DIRECTIONS: One part of the entries below is wanted: the lines from the one containing "sealed_reads d before" through the one containing "record IsClosed (d". Write those out exactly and nothing else.

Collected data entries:

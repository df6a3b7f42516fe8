-- ===== src/Streamsort/Lifecycle.antt =====
-- The states of a store: what `Finalize` and `Close` leave behind, over any sequence of calls.
use mathlib.Core.Path.{subst}
use mathlib.Core.Option.{some-ne-none}
use state_actor.Prelude.{ℕ, ◌≡◌, refl, ap, sym, ◌∙◌, Bool, true, false, Option, none, some, List}
use state_actor.Streamsort.{
  Pebble, Store, StoreError, put_after_finalize, Answer, fail, put, finalize_body, finalize_store,
  auto_finalize, open_reader, get_value, read_key, got, new_store,
}
use state_actor.Streamsort.Reads.{past_gate}
use state_actor.Streamsort.Calls.{Use, use_all}
use state_actor.Streamsort.Kept.{either, if_true, if_false, clash, IsKept, use_all-keeps}

module _ {B D I : Type 0} (pebble : Pebble B D I) where
  -- A store whose `Finalize` has run its function, with a result that stays.
  record IsOnce (e : Option StoreError) (s : Store B D) : Type 0 where
    open_still : s.closed ≡ false
    once : s.finalize_once ≡ true
    cached : s.finalize_err ≡ e

  finalize-again :
      (e : Option StoreError) (s : Store B D) → IsOnce e s → finalize_store pebble s ≡ (e, s)
  unfolding finalize_store
  finalize-again e s w =
      if_false _ w.open_still
      ∙ (ap (λ (t : Store B D). (t.finalize_err, t)) (if_true _ w.once)
          ∙ ap (λ (x : Option StoreError). (x, s)) w.cached)

  IsOnce-IsKept : (e : Option StoreError) → IsKept pebble (IsOnce e)
  IsOnce-IsKept e = record {
    writes = λ s b d c f w. record { open_still = w.open_still; once = w.once; cached = w.cached };
    counts = λ s n w. record { open_still = w.open_still; once = w.once; cached = w.cached };
    finalizes = λ s w.
        subst (λ (r : Option StoreError × Store B D). IsOnce e r.1) (sym (finalize-again e s w)) w;
  }

  finalize-IsOnce :
      (s : Store B D)
      → s.closed ≡ false
      → IsOnce (finalize_store pebble s).0 (finalize_store pebble s).1
  unfolding finalize_store finalize_body
  finalize-IsOnce s h =
      subst (λ (r : Option StoreError × Store B D). IsOnce r.0 r.1) (sym (if_false _ h))
        (either (λ (t : Store B D). IsOnce t.finalize_err t) s.finalize_once
          (λ o. record { open_still = h; once = o; cached = refl })
          (λ o.
            either (λ (t : Store B D). IsOnce t.finalize_err t) (pebble.batch_commit s.batch s.db).0
              (λ q. record { open_still = h; once = refl; cached = refl })
              (λ q. record { open_still = h; once = refl; cached = refl })))

  -- On a store that is not closed, and whatever calls but `Close` come after a `Finalize`: the next
  -- `Finalize` returns the result of that one and leaves the store as it is.
  pub finalize_cached :
      (s : Store B D) (us : List Use)
      → s.closed ≡ false
      → let (e, s1) = finalize_store pebble s in
        let t = use_all pebble s1 us in finalize_store pebble t ≡ (e, t)
  finalize_cached s us h =
      let (e, s1) = finalize_store pebble s in
      finalize-again e (use_all pebble s1 us)
        (use_all-keeps pebble (IsOnce e) (IsOnce-IsKept e) s1 us (finalize-IsOnce s h))

  -- A store that is not closed, with `finalized` set once `Finalize` has run without an error.
  record IsLive (s : Store B D) : Type 0 where
    open_still : s.closed ≡ false
    marked : s.finalize_once ≡ true → s.finalize_err ≡ none → s.finalized ≡ true

  finalize_store-IsLive : (s : Store B D) → IsLive s → IsLive (finalize_store pebble s).1
  unfolding finalize_store finalize_body
  finalize_store-IsLive s w =
      either (λ (r : Option StoreError × Store B D). IsLive r.1) s.closed (λ c. w)
        (λ c.
          either IsLive s.finalize_once (λ o. w)
            (λ o.
              either IsLive (pebble.batch_commit s.batch s.db).0
                (λ q. record { open_still = w.open_still; marked = λ x e. refl })
                (λ q. record {
                  open_still = w.open_still;
                  marked = λ x e. absurd (some-ne-none _ e);
                })))

  IsLive-IsKept : IsKept pebble IsLive
  IsLive-IsKept = record {
    writes = λ s b d c f w. record { open_still = w.open_still; marked = w.marked };
    counts = λ s n w. record { open_still = w.open_still; marked = w.marked };
    finalizes = finalize_store-IsLive;
  }

  new_store-IsLive : (d : D) → IsLive (new_store pebble d)
  unfolding new_store
  new_store-IsLive d = record { open_still = refl; marked = λ x e. clash x refl }

  -- A store that reads go straight to: the database stays.
  record IsSealed (d : D) (s : Store B D) : Type 0 where
    once : IsOnce none s
    is_final : s.finalized ≡ true
    same_db : s.db ≡ d

  IsSealed-IsKept : (d : D) → IsKept pebble (IsSealed d)
  IsSealed-IsKept d = record {
    writes = λ s b d' c f w. clash w.is_final f;
    counts = λ s n w. record {
      once = (IsOnce-IsKept none).counts s n w.once;
      is_final = w.is_final;
      same_db = w.same_db;
    };
    finalizes = λ s w.
        subst (λ (r : Option StoreError × Store B D). IsSealed d r.1)
          (sym (finalize-again none s w.once)) w;
  }

  -- A successful `Finalize` seals the store.
  finalize-IsSealed :
      (s : Store B D)
      → IsLive s
      → (finalize_store pebble s).0 ≡ none
      → IsSealed (finalize_store pebble s).1.db (finalize_store pebble s).1
  finalize-IsSealed s m e =
      let w = finalize-IsOnce s m.open_still in
      let live = finalize_store-IsLive s m in
      record {
        once = subst (λ x. IsOnce x (finalize_store pebble s).1) e w;
        is_final = live.marked w.once (w.cached ∙ e);
        same_db = refl;
      }

  get_value-sealed :
      (d : D) (s : Store B D) (k : List ℕ)
      → IsSealed d s
      → (get_value pebble s k).0 ≡ got pebble (pebble.db_get d k)
  unfolding get_value open_reader auto_finalize read_key
  get_value-sealed d s k w =
      let gate : auto_finalize pebble s ≡ (none, s) = if_true _ w.is_final in
      ap (λ (r : Answer (Option (List ℕ)) × Store B D). r.0)
        (past_gate _ _ w.once.open_still (ap (λ (r : Option StoreError × Store B D). r.0) gate))
      ∙ (ap (λ (r : Option StoreError × Store B D). got pebble (pebble.db_get r.1.db k)) gate
          ∙ ap (λ x. got pebble (pebble.db_get x k)) w.same_db)

  put-sealed :
      (d : D) (s : Store B D) (k v : List ℕ)
      → IsSealed d s
      → put pebble s k v ≡ (fail put_after_finalize, s)
  unfolding put
  put-sealed d s k v w = if_false _ w.once.open_still ∙ if_true _ w.is_final

  -- After calls to a new store of which the next, `Finalize`, succeeds, and whatever calls but
  -- `Close` come then: `Put` is refused and changes nothing, and `Get` answers for every key what it
  -- answered right after `Finalize`.
  pub sealed_reads :
      (d : D) (before after : List Use) (k v : List ℕ)
      → (finalize_store pebble (use_all pebble (new_store pebble d) before)).0 ≡ none
      → let s = (finalize_store pebble (use_all pebble (new_store pebble d) before)).1 in
        let t = use_all pebble s after in
        (put pebble t k v ≡ (fail put_after_finalize, t))
        × ((get_value pebble t k).0 ≡ (get_value pebble s k).0)
  sealed_reads d before after k v e =
      let s = (finalize_store pebble (use_all pebble (new_store pebble d) before)).1 in
      let live =
        use_all-keeps pebble IsLive IsLive-IsKept (new_store pebble d) before
          (new_store-IsLive d) in
      let w = finalize-IsSealed (use_all pebble (new_store pebble d) before) live e in
      let t = use_all pebble s after in
      let w' = use_all-keeps pebble (IsSealed s.db) (IsSealed-IsKept s.db) s after w in
      (put-sealed s.db t k v w', get_value-sealed s.db t k w' ∙ sym (get_value-sealed s.db s k w))

  record IsClosed (d : D) (s : Store B D) : Type 0 where
    shut : s.closed ≡ true
    same_db : s.db ≡ d

  abbrev closed_if_done : Option (Answer (Unit {0}) × Store B D) → Bool
  closed_if_done none = true
  closed_if_done (some r) = r.1.closed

WRITTEN SOLUTION:
  sealed_reads d before after k v e =
      let s = (finalize_store pebble (use_all pebble (new_store pebble d) before)).1 in
      let live =
        use_all-keeps pebble IsLive IsLive-IsKept (new_store pebble d) before
          (new_store-IsLive d) in
      let w = finalize-IsSealed (use_all pebble (new_store pebble d) before) live e in
      let t = use_all pebble s after in
      let w' = use_all-keeps pebble (IsSealed s.db) (IsSealed-IsKept s.db) s after w in
      (put-sealed s.db t k v w', get_value-sealed s.db t k w' ∙ sym (get_value-sealed s.db s k w))

  record IsClosed (d : D) (s : Store B D) : Type 0 where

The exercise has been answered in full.